▶ [Record excerpts]:
----------------------------------------

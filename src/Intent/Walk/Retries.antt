-- ===== src/Intent/Walk/Retries.antt =====
-- The attempts at a leaf: three are always enough, and each failure is on record.
use bantu_os.Prelude.{
  ℕ, zero, suc, ◌+◌, ◌≤◌, ◌≡◌, Bool, true, ◌&&◌, arith, leb, Result, ok, err, length, Bool-cases,
  Result-cases, inl, inr,
}
use bantu_os.Prelude.Text.{Text}
use bantu_os.Intent.Tree.{Goal, mark_done, mark_failed, decide, decide_lem}
use bantu_os.Intent.Leaf.{AgentManager, execute_leaf, message_of}
use bantu_os.Intent.Walk.{Stop, aborted, failed, out_of_fuel, State, max_attempts, attempts}

-- The outcome is not for want of fuel.
abbrev pub Ends : {A : Type 0} → Result Stop A → Type 0
Ends (ok a) = Unit
Ends (err (aborted i)) = Unit
Ends (err (failed e)) = Unit
Ends (err out_of_fuel) = ⊥

-- The retries on record are counted, and at most two.
abbrev pub IsRecorded : Goal → Type 0
IsRecorded g = (g.retry_count ≤ 2) × (length g.retry_history ≡ g.retry_count)

decide-IsRecorded : (g : Goal) (e : Text) → IsRecorded g → IsRecorded (decide g e).1
decide-IsRecorded g e h = ((decide_lem g e).3 h.0, (decide_lem g e).2 h.1)

both_true : (a b : Bool) → (a && b) ≡ true → a ≡ true
both_true a b h = ground arith

module _ {W : Type 0} (am : AgentManager W) (limit : Text) (max_retries : ℕ) where
  pub attempts-Ends :
      (fuel attempt : ℕ) (g : Goal) (s : State W)
      → 3 ≤ fuel + g.retry_count
      → 1 ≤ fuel
      → Ends (attempts am limit max_retries fuel attempt g s).0
  unfolding attempts
  attempts-Ends zero attempt g s h k = absurd (omega arith)
  attempts-Ends (suc fuel) attempt g s h k = elim (Result-cases (execute_leaf am g s.world).0) [
    | inl (result, e) ↦ rw (e, attempts) tt
    | inr (f, e) ↦
        let error = message_of limit g f in
        elim (Bool-cases ((decide g error).0 && leb attempt max_retries)) [
          | inr stop ↦ rw (e, attempts) (rw stop tt)
          | inl again ↦
              let grows = (decide_lem g error).0 (both_true _ _ again) in
              rw (e, attempts)
                (rw again (
                  attempts-Ends fuel (attempt + 1) (decide g error).1 _ (omega arith)
                    (omega arith)))
        ]
  ]

  attempts-IsRecorded :
      (fuel attempt : ℕ) (g : Goal) (s : State W)
      → IsRecorded g
      → IsRecorded (attempts am limit max_retries fuel attempt g s).1
  unfolding attempts mark_done mark_failed
  attempts-IsRecorded zero attempt g s h = h
  attempts-IsRecorded (suc fuel) attempt g s h = elim (Result-cases (execute_leaf am g s.world).0) [
    | inl (result, e) ↦ rw (e, attempts) h
    | inr (f, e) ↦
        let error = message_of limit g f in
        let kept = decide-IsRecorded g error h in
        elim (Bool-cases ((decide g error).0 && leb attempt max_retries)) [
          | inr stop ↦ rw (e, attempts) (rw stop kept)
          | inl again ↦
              rw (e, attempts)
                (rw again (attempts-IsRecorded fuel (attempt + 1) (decide g error).1 _ kept))
        ]
  ]

  -- For a leaf with at most two retries on record, each with its entry in the history, three
  -- attempts are always enough, whatever the number of retries that the kernel allows: the loop
  -- does not end for want of fuel, and afterwards the record is of that kind again.
  pub attempts-three :
      (attempt : ℕ) (g : Goal) (s : State W)
      → IsRecorded g
      → Ends (attempts am limit max_retries max_attempts attempt g s).0
        × IsRecorded (attempts am limit max_retries max_attempts attempt g s).1
  attempts-three attempt g s h =
      (attempts-Ends 3 attempt g s (omega arith) (omega arith), attempts-IsRecorded 3 attempt g s h)
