-- ===== src/Intent/Walk/Ends.antt =====
-- The walk of a tree never ends for want of fuel.
use bantu_os.Prelude.{ℕ, Option, none, some, arith, ok, err, Bool-cases, Result-cases, inl, inr}
use bantu_os.Prelude.Text.{Text, codes, ◌==◌}
use bantu_os.Intent.Tree.{Goal, GoalNode, GoalNodes, node, nil, cons}
use bantu_os.Intent.Gate.{build_request}
use bantu_os.Intent.Leaf.{AgentManager}
use bantu_os.Intent.Walk.{
  State, needs_confirmation, Resolver, Step, skip, answered, handle_confirmation, run_confirmed,
  walk_leaf, leaf_node, close_node, after_first, then_children, started, walk, walk_children,
}
use bantu_os.Intent.Walk.Retries.{Ends, attempts-Ends}

module _ {W : Type 0} (am : AgentManager W) (limit : Text) (max_retries : ℕ)
    (resolver : Option (Resolver W)) where
  answered-Ends :
      (decision : Text) (g : Goal) (s : State W)
      → Ends (run_confirmed am limit max_retries (answered g s decision)).0
  unfolding answered run_confirmed skip
  answered-Ends decision g s = elim (Bool-cases (decision == codes "approve")) [
    | inl e ↦ rw e (attempts-Ends am limit max_retries 3 1 g _ (omega arith) (omega arith))
    | inr e ↦ rw e (elim (Bool-cases (decision == codes "skip")) [
      | inl e' ↦ rw e' tt
      | inr e' ↦
          rw e'
            (elim (Bool-cases (decision == codes "abort")) [ inl a ↦ rw a tt | inr a ↦ rw a tt ])
    ])
  ]

  confirmed-Ends :
      (o : Option (Resolver W)) (g : Goal) (s : State W)
      → Ends (run_confirmed am limit max_retries (handle_confirmation o g s)).0
  unfolding handle_confirmation run_confirmed skip
  confirmed-Ends none g s = tt
  confirmed-Ends (some ask) g s = elim (Result-cases (ask (build_request g) s.world).0) [
    | inl (decision, e) ↦ rw (e, handle_confirmation) (answered-Ends decision g _)
    | inr (f, e) ↦ rw (e, handle_confirmation) tt
  ]

  walk_leaf-Ends : (g : Goal) (s : State W) → Ends (walk_leaf am limit max_retries resolver g s).0
  unfolding walk_leaf
  walk_leaf-Ends g s = elim (Bool-cases (needs_confirmation g s)) [
    | inl need ↦ rw need (confirmed-Ends resolver g s)
    | inr free ↦ rw free (attempts-Ends am limit max_retries 3 1 g s (omega arith) (omega arith))
  ]

  leaf_node-Ends : (r : Step Goal W) → Ends r.0 → Ends (leaf_node r).0
  unfolding leaf_node
  leaf_node-Ends (r, g, s) h = h

  close_node-Ends : (g : Goal) (r : Step GoalNodes W) → Ends r.0 → Ends (close_node g r).0
  unfolding close_node
  close_node-Ends g (ok u, cs, s) h = tt
  close_node-Ends g (err e, cs, s) h = h

  after_first-Ends : (n : GoalNode) (r : Step GoalNodes W) → Ends r.0 → Ends (after_first n r).0
  unfolding after_first
  after_first-Ends n (r, ns, s) h = h

  then_children-Ends :
      (r : Step GoalNode W) (ns : GoalNodes) (rest : State W → Step GoalNodes W)
      → Ends r.0
      → ((s : State W) → Ends (rest s).0)
      → Ends (then_children r ns rest).0
  unfolding then_children
  then_children-Ends (ok u, n, s) ns rest h k = after_first-Ends n (rest s) (k s)
  then_children-Ends (err e, n, s) ns rest h k = h

  mutual
    unfolding walk

    pub walk-Ends : (n : GoalNode) (s : State W) → Ends (walk am limit max_retries resolver n s).0
    walk-Ends (node g nil) s = leaf_node-Ends _ (walk_leaf-Ends (started g) _)
    walk-Ends (node g (cons n ns)) s =
        close_node-Ends (started g) _ (walk_children-Ends (cons n ns) _)

    pub walk_children-Ends :
        (ns : GoalNodes) (s : State W) → Ends (walk_children am limit max_retries resolver ns s).0
    walk_children-Ends nil s = tt
    walk_children-Ends (cons n ns) s =
        then_children-Ends (walk am limit max_retries resolver n s) ns
          (walk_children am limit max_retries resolver ns) (walk-Ends n s)
          (λ s'. walk_children-Ends ns s')
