-- ===== src/Intent/Receive/Frames.antt =====
-- What the frames of a request end with.
use bantu_os.Prelude.{ℕ, Option, List, [], ◌∷◌, Result, ok, err, Bool-cases, inl, inr}
use bantu_os.Prelude.Text.{Text}
use bantu_os.Intent.Tree.{Goal, GoalNode, GoalNodes, goal_of, children_of}
use bantu_os.Intent.Leaf.{AgentManager}
use bantu_os.Intent.Walk.{aborted, failed, out_of_fuel, State, Resolver, Step, walk_children}
use bantu_os.Intent.Walk.Retries.{Ends}
use bantu_os.Intent.Walk.Ends.{walk_children-Ends}
use bantu_os.Intent.Receive.{
  GoalTree, Frame, goal_update, queued, frames_after, frames_of, receive_streaming,
}

abbrev IsFinal : Frame → Type 0
IsFinal (goal_update m n) = ⊥
IsFinal f = Unit

-- There is a last frame, and it is final.
abbrev pub EndsFinal : List Frame → Type 0
EndsFinal [] = ⊥
EndsFinal (f ∷ []) = IsFinal f
EndsFinal (f ∷ g ∷ fs) = EndsFinal (g ∷ fs)

cons-EndsFinal : (f : Frame) (fs : List Frame) → EndsFinal fs → EndsFinal (f ∷ fs)
cons-EndsFinal f [] h = absurd h
cons-EndsFinal f (g ∷ fs) h = h

module _ {W : Type 0} (am : AgentManager W) (limit : Text) (max_retries : ℕ)
    (resolver : Option (Resolver W)) (render : GoalNode → Text) (persist : GoalNode → W → W) where
  frames_after-EndsFinal :
      (g : Goal) (r : Step GoalNodes W)
      → Ends r.0
      → EndsFinal (frames_after am limit max_retries resolver render persist g r).0
  unfolding frames_after
  frames_after-EndsFinal g (ok u, cs, s) h = tt
  frames_after-EndsFinal g (err (aborted id), cs, s) h = tt
  frames_after-EndsFinal g (err (failed e), cs, s) h = tt
  frames_after-EndsFinal g (err out_of_fuel, cs, s) h = absurd h

  -- Every request is answered, and its last frame is a final one: a plan that failed, a question, a
  -- completed goal or a failed one, and never the update of a goal that is still under way. The walk
  -- in between always ends, whatever the tools, the model and the resolver do.
  pub receive_streaming-EndsFinal :
      (planned : Result Text GoalTree) (s : State W)
      → EndsFinal (receive_streaming am limit max_retries resolver render persist planned s).0
  unfolding receive_streaming frames_of
  receive_streaming-EndsFinal (err e) s = tt
  receive_streaming-EndsFinal (ok tree) s = elim (Bool-cases tree.clarification_needed) [
    | inl ask ↦ rw ask tt
    | inr go ↦
        let r = walk_children am limit max_retries resolver (children_of tree.root) s in
        rw go (
          cons-EndsFinal (goal_update (queued tree.root) tree.root)
            (frames_after am limit max_retries resolver render persist (goal_of tree.root) r).0
            (frames_after-EndsFinal (goal_of tree.root) r
              (walk_children-Ends am limit max_retries resolver (children_of tree.root) s)))
  ]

----------------------------------------

▶ [Work task]:
Copy exactly the stretch of data above from the line with "attempts-Ends fuel (attempt" through the line with "attempts-IsRecorded (suc fuel)", and omit all other lines.

▶ [Result for this task]:
                  attempts-Ends fuel (attempt + 1) (decide g error).1 _ (omega arith)
                    (omega arith)))
        ]
  ]

  attempts-IsRecorded :
      (fuel attempt : ℕ) (g : Goal) (s : State W)
      → IsRecorded g
      → IsRecorded (attempts am limit max_retries fuel attempt g s).1
  unfolding attempts mark_done mark_failed
  attempts-IsRecorded zero attempt g s h = h
  attempts-IsRecorded (suc fuel) attempt g s h = elim (Result-cases (execute_leaf am g s.world).0) [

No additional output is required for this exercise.